Entries follow. Give back exactly the lines starting at the one containing "then align_layout layout >>= (λ l. some (s.dealloc" and ending at the one containing "l ← align_layout layout", and no other lines.

══ Exercise inputs

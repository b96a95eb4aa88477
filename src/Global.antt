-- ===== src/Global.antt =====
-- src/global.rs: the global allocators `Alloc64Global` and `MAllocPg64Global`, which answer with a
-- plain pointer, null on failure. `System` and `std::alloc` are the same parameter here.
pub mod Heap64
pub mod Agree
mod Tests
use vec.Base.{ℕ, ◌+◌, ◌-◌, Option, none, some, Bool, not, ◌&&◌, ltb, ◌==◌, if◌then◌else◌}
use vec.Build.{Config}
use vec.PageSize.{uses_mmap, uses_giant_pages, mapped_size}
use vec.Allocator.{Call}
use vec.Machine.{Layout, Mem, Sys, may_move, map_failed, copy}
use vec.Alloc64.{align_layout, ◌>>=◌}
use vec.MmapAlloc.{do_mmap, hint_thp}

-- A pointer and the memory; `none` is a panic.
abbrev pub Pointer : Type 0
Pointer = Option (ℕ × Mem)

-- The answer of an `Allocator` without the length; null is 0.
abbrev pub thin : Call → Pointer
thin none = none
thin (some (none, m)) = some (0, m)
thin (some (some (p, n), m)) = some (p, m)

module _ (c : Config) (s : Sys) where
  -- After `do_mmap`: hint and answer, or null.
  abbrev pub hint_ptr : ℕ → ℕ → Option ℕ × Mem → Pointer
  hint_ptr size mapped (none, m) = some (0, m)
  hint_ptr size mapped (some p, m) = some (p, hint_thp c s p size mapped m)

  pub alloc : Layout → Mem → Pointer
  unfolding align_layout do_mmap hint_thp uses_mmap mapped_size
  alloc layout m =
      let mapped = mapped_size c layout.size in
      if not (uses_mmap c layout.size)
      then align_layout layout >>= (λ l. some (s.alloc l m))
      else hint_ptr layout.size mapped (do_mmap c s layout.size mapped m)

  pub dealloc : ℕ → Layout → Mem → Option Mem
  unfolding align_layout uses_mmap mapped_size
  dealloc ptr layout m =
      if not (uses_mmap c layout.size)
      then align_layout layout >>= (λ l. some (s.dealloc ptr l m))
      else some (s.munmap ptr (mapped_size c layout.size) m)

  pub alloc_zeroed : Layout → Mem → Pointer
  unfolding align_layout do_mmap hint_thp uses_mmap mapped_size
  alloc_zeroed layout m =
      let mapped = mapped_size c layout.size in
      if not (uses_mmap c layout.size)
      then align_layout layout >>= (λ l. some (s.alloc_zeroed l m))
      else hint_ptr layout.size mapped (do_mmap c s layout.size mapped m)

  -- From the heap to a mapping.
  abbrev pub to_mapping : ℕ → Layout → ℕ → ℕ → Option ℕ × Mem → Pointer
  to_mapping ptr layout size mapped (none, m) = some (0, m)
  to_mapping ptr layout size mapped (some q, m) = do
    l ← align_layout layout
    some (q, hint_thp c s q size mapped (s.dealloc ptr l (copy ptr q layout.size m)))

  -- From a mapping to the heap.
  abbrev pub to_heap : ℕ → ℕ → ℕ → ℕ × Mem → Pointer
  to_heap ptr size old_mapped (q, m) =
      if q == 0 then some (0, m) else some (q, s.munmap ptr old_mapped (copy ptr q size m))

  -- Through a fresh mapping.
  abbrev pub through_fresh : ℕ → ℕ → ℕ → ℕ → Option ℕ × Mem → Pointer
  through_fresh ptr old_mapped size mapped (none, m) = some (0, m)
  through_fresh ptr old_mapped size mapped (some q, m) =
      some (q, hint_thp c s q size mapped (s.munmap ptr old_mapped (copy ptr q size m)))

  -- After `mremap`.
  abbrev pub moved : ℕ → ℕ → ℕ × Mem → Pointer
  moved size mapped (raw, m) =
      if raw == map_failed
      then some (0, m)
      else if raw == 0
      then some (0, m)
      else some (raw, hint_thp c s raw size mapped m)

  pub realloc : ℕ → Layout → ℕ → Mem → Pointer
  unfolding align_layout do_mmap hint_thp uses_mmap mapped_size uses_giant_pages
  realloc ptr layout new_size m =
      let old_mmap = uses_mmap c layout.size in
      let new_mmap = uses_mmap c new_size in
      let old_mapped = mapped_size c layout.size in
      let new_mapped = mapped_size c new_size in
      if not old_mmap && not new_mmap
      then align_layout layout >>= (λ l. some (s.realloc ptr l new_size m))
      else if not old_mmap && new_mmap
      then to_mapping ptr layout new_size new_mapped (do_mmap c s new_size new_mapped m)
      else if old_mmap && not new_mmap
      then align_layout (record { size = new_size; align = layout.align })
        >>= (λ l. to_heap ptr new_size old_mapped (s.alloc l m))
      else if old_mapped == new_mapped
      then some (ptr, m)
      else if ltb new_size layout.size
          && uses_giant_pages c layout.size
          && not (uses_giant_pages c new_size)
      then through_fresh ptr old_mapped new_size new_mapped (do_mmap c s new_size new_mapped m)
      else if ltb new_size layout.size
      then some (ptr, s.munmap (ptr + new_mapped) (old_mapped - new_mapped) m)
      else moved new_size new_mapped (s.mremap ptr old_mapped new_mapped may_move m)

════
══ Exercise inputs

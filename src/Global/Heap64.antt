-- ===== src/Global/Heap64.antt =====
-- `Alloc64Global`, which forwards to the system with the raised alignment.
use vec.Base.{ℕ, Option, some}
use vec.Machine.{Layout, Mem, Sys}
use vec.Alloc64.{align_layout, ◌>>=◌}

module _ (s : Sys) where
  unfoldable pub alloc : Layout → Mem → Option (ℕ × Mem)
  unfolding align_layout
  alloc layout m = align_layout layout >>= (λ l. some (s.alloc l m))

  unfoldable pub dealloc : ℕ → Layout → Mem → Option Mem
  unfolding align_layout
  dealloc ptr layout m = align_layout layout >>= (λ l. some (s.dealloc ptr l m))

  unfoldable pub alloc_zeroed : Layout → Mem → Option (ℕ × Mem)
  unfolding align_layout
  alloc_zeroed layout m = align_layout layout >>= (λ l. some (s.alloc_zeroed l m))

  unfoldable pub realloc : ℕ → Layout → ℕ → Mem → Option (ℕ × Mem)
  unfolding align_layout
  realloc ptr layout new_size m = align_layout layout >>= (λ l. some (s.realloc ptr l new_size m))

════

### Response
      then align_layout layout >>= (λ l. some (s.dealloc ptr l m))
      else some (s.munmap ptr (mapped_size c layout.size) m)

  pub alloc_zeroed : Layout → Mem → Pointer
  unfolding align_layout do_mmap hint_thp uses_mmap mapped_size
  alloc_zeroed layout m =
      let mapped = mapped_size c layout.size in
      if not (uses_mmap c layout.size)
      then align_layout layout >>= (λ l. some (s.alloc_zeroed l m))
      else hint_ptr layout.size mapped (do_mmap c s layout.size mapped m)

  -- From the heap to a mapping.
  abbrev pub to_mapping : ℕ → Layout → ℕ → ℕ → Option ℕ × Mem → Pointer
  to_mapping ptr layout size mapped (none, m) = some (0, m)
  to_mapping ptr layout size mapped (some q, m) = do
    l ← align_layout layout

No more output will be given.